For the concept of the grade of an arbitrary module with respect to a finitely generated ideal see the section 9.1 (entitled as "Grade and acyclicity") of the book entitled as "Cohen-Macaulay Rings" written by Herzog and Bruns. In particular, see the Proposition 9.1.2. When $R$ is Noetherian the local cohomology is just the direct limit of Koszul homologoies (See, Theorem 5.2.9. of the book "Local Cohomology" written by Sharp and Brodmann). So, Definitely, their definition, directly, yields $$\text{inf}\{i;\text{H}^i_I(M)\neq 0\}\ge \text{grade}(I,M).$$ Then a standard inductive argument on the grade shows that the equality holds, i.e., $$\text{inf}\{i;\text{H}^i_I(M)\neq 0\}=\text{grade}(I,M).$$
If $M$ has zero dimension then the support of $M$ is a subset of the set of maximal ideals of of $R$. Let, $\mathfrak{m}\in \text{Supp}(M/IM)$. Then, $\mathfrak{m}\in \text{Supp}(M).$ Hence there exists $x\in M$ such that $0:_Rx\subseteq \mathfrak{m}$. Set, $N=Rx$. Then since $\text{Supp}(Rx)\subseteq \text{Supp}(M)$ so we have $\dim(Rx)=0$. Furthermore, $\mathfrak{m}R_\mathfrak{m}\in \text{Ass}_{R_\mathfrak{m}}(R_{\mathfrak{m}}x/1)$ so $\mathfrak{m}\in \text{Ass}(Rx)$. This shows that $\Gamma_I(M)\neq 0$.
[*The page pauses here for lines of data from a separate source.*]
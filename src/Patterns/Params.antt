-- ===== src/Patterns/Params.antt =====
-- Which parameters a pattern declares, and when the check of path binders passes.
use grpc_composition.Common.{
  All, Any, ◌≡◌, refl, sym, ◌∙◌, ◌≢◌, ◌↔◌, ◌⊎◌, inl, inr, true, ◌||◌, List, [], ◌∷◌, ◌++◌,
  append-nil, Option, none, some, arith, Text, codes, text_eq, text_eq_iff, ok, Option-cases,
  Bool-cases, cons_some,
}
use mathlib.Core.Option.{some-injective}
use mathlib.Core.Path.{subst}
use mathlib.Core.Bool.{false≢true}
use grpc_composition.Std.Strings.{
  split, trim_suffix, split_last, strip_suffix, split_last_iff, strip_suffix_iff,
}
use grpc_composition.Host.{Host}
use grpc_composition.Spec.{ParamSpec, in_path}
use grpc_composition.Globals.{Binder}
use grpc_composition.Patterns.{
  braced, segment_name, add_names, pattern_path_params, has_name, spec_matches, validate_from,
  validate_path_binders,
}

abbrev pub dots : Text
dots = codes "..."

-- `{mid}`.
abbrev pub in_braces : Text → Text
in_braces mid = b'{' ∷ (mid ++ (b'}' ∷ []))

-- The segment declares the parameter `name`: as `{name...}`, or as `{name}` where the name does not
-- end in dots itself. Neither `{}` nor `{$}` declares any.
abbrev pub DeclaresParam : Text → Text → Type 0
DeclaresParam name seg =
    (name ≢ [])
    × (name ≢ codes "$")
    × ((seg ≡ in_braces (name ++ dots))
        ⊎ ((seg ≡ in_braces name) × (strip_suffix name dots ≡ none)))

braced_iff : (seg mid : Text) → (braced seg ≡ some mid) ↔ (seg ≡ in_braces mid)
unfolding braced
braced_iff [] mid = (λ h. cc, λ h. cc)
braced_iff (c ∷ rest) mid = elim (Option-cases (split_last rest)) [
  | inl e ↦ rw e (ground (arith, split_last_iff rest mid b'}'))
  | inr ((p, z), e) ↦ rw e (ground (arith, split_last_iff rest p z, split_last_iff rest mid b'}'))
]

trim_suffix_iff :
    (m t n : Text) → (trim_suffix m t ≡ n) ↔ ((m ≡ n ++ t) ⊎ ((m ≡ n) × (strip_suffix n t ≡ none)))
unfolding trim_suffix
trim_suffix_iff m t n = elim (Option-cases (strip_suffix m t)) [
  | inl no_suffix ↦ rw (no_suffix, trim_suffix) (ground (arith, strip_suffix_iff m t n))
  | inr (p, found) ↦ rw (found, trim_suffix) (ground (arith, strip_suffix_iff m t n))
]

segment_name_iff : (seg name : Text) → (segment_name seg ≡ some name) ↔ DeclaresParam name seg
unfolding segment_name
segment_name_iff seg name = elim (Option-cases (braced seg)) [
  | inl e ↦
      rw (e, segment_name) (ground (arith, braced_iff seg (name ++ dots), braced_iff seg name))
  | inr (mid, e) ↦
      rw (e, segment_name)
        (ground (
          arith,
          braced_iff seg (name ++ dots),
          braced_iff seg name,
          trim_suffix_iff mid dots name,
          text_eq_iff (trim_suffix mid dots) (codes "$"),
        ))
]

no_names : (name : Text) → has_name [] name ≡ true → ⊥
unfolding has_name
no_names name h = cc

has_name-append :
    (names more : List Text) (name : Text)
    → has_name (names ++ more) name ≡ (has_name names name || has_name more name)
unfolding has_name
has_name-append [] more name = refl
has_name-append (n ∷ names) more name = rw (has_name-append names more name) (ground arith)

has_name_added :
    (names : List Text) (o : Option Text) (name : Text)
    → (has_name (names ++ cons_some o []) name ≡ true)
      ↔ ((has_name names name ≡ true) ⊎ (o ≡ some name))
unfolding has_name
has_name_added names none name = rw append-nil (ground arith)
has_name_added names (some n) name =
    rw (has_name-append names (n ∷ []) name) (ground (arith, text_eq_iff n name))

regroup : {A B X Y Z : Type 0} → A ↔ (X ⊎ B) → X ↔ (Y ⊎ Z) → A ↔ (Y ⊎ (Z ⊎ B))
regroup f g = (
  λ a. elim (f.0 a) [
    | inr b ↦ inr (inr b)
    | inl x ↦ elim (g.0 x) [ inl y ↦ inl y | inr z ↦ inr (inl z) ]
  ],
  elim [
    | inl y ↦ f.1 (inl (g.1 (inl y)))
    | inr (inl z) ↦ f.1 (inl (g.1 (inr z)))
    | inr (inr b) ↦ f.1 (inr b)
  ],
)

has_name_add :
    (names segs : List Text) (name : Text)
    → (has_name (add_names names segs) name ≡ true)
      ↔ ((has_name names name ≡ true) ⊎ Any (λ seg. segment_name seg ≡ some name) segs)
unfolding add_names
has_name_add names [] name = (inl, elim [ inl h ↦ h | inr b ↦ absurd b ])
has_name_add names (seg ∷ segs) name =
    regroup (has_name_add (names ++ cons_some (segment_name seg) []) segs name)
      (has_name_added names (segment_name seg) name)

pub Any_iff :
    {A : Type 0} (P Q : A → Type 0) → ((x : A) → P x ↔ Q x) → (xs : List A) → Any P xs ↔ Any Q xs
Any_iff P Q h [] = (λ b. b, λ b. b)
Any_iff P Q h (x ∷ xs) = (
  elim [ inl p ↦ inl ((h x).0 p) | inr a ↦ inr ((Any_iff P Q h xs).0 a) ],
  elim [ inl q ↦ inl ((h x).1 q) | inr a ↦ inr ((Any_iff P Q h xs).1 a) ],
)

-- The set of `patternPathParams` holds exactly the names that some segment of the pattern declares:
-- as `{name...}`, or as `{name}` where the name does not end in dots, and never "" or "$".
pub pattern_path_params_iff :
    (pattern_text name : Text)
    → (has_name (pattern_path_params pattern_text) name ≡ true)
      ↔ Any (DeclaresParam name) (split pattern_text b'/')
unfolding pattern_path_params
pattern_path_params_iff pattern_text name =
    let added = has_name_add [] (split pattern_text b'/') name in
    let same =
      Any_iff (λ seg. segment_name seg ≡ some name) (DeclaresParam name)
        (λ seg. segment_name_iff seg name) (split pattern_text b'/') in
    (
      λ h. elim (added.0 h) [ inl e ↦ absurd (no_names name e) | inr a ↦ same.0 a ],
      λ a. added.1 (inr (same.1 a)),
    )

module _ (H : Host) where
  abbrev IsMatchedSpec : Text → ParamSpec → Type 0
  IsMatchedSpec pattern_text spec =
      spec.location ≡ in_path → Any (DeclaresParam spec.name) (split pattern_text b'/')

  spec_matches_iff :
      (names : List Text) (spec : ParamSpec)
      → (spec_matches H names spec ≡ true)
        ↔ (spec.location ≡ in_path → has_name names spec.name ≡ true)
  unfolding spec_matches
  spec_matches_iff names spec = elim (Bool-cases (text_eq spec.location in_path)) [
    | inl at ↦ rw at (λ h _. h, λ f. f ((text_eq_iff spec.location in_path).0 at))
    | inr elsewhere ↦ rw elsewhere (
      λ _ e. absurd (false≢true (sym elsewhere ∙ (text_eq_iff spec.location in_path).1 e)),
      λ _. refl,
    )
  ]

module _ (H : Host) {Req : Type 0} where
  -- A path binder whose parameter is declared by the pattern, or any other binder.
  abbrev pub IsMatched : Text → Binder H Req → Type 0
  IsMatched pattern_text b =
      (spec : ParamSpec)
      → b.param_spec ≡ some spec
      → spec.location ≡ in_path
      → Any (DeclaresParam spec.name) (split pattern_text b'/')

  validate_from_iff :
      (verb pattern_text : Text) (names : List Text)
      → ((name : Text)
          → (has_name names name ≡ true) ↔ Any (DeclaresParam name) (split pattern_text b'/'))
      → (bs : List (Binder H Req))
      → (validate_from H verb pattern_text names bs ≡ ok tt) ↔ All (IsMatched pattern_text) bs
  unfolding validate_from
  validate_from_iff verb pattern_text names same [] = (λ _. tt, λ _. refl)
  validate_from_iff verb pattern_text names same (b ∷ bs) =
      let later = validate_from_iff verb pattern_text names same bs in
      elim (Option-cases b.param_spec) [
        | inl bare ↦ rw (bare, validate_from) (λ h. (λ spec e loc. cc, later.0 h), λ p. later.1 p.1)
        | inr (spec, documented) ↦ elim (Bool-cases (spec_matches H names spec)) [
          | inl good ↦
              rw (documented, validate_from, good)
                (
                  λ h. (
                    λ spec' e.
                        subst (IsMatchedSpec H pattern_text) (some-injective spec spec' e)
                          (λ loc. (same spec.name).0 ((spec_matches_iff H names spec).0 good loc)),
                    later.0 h,
                  ),
                  λ p. later.1 p.1,
                )
          | inr bad ↦
              rw (documented, validate_from, bad)
                (
                  λ h. cc,
                  λ p. absurd (
                      false≢true (
                        sym bad
                        ∙ (spec_matches_iff H names spec).1
                            (λ loc. (same spec.name).1 (p.0 spec refl loc)))),
                )
        ]
      ]

  -- A registration passes the check of its binders exactly if the pattern declares the parameter of
  -- each binder that documents a path parameter.
  pub validate_path_binders_iff :
      (verb pattern_text : Text) (bs : List (Binder H Req))
      → (validate_path_binders H verb pattern_text bs ≡ ok tt) ↔ All (IsMatched pattern_text) bs
  unfolding validate_path_binders
  validate_path_binders_iff verb pattern_text bs =
      validate_from_iff verb pattern_text (pattern_path_params pattern_text)
        (pattern_path_params_iff pattern_text) bs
$ \ \ \ $For the inequality of $\text{ht}_M(I)$: Claim: $\text{grade}(I,M)\le\text{ht}_M(I)$:
If $\text{ht}_M(I)=\infty$ then we are done. So let $\mathfrak{p}\in\text{Var}(I)\bigcap \text{Supp}_R(M)$ with $h=\text{ht}_M(I)=\text{dim}(M_\mathfrak{p})$. Then it suffices to prove that $\text{grade}(IR_\mathfrak{p},M_\mathfrak{p})\le \text{dim}_{R_\mathfrak{p}}(M_\mathfrak{p})$. So we may assume that $(R,\mathfrak{m})$ is local and then prove that $\text{grade}(I,M)\le \text{dim}(M)$. Assuming the contrary we get $H^i_{I}(M)\neq 0$ for $i=\text{grade}(I,M)\gneq \text{dim}(M)$ (by the above formula). This contradicts with the Grothendieck's vanishing theorem (This theorem, as stated in the Sharp and Brodmann's book, is not restricted to the category of finitely generated modules).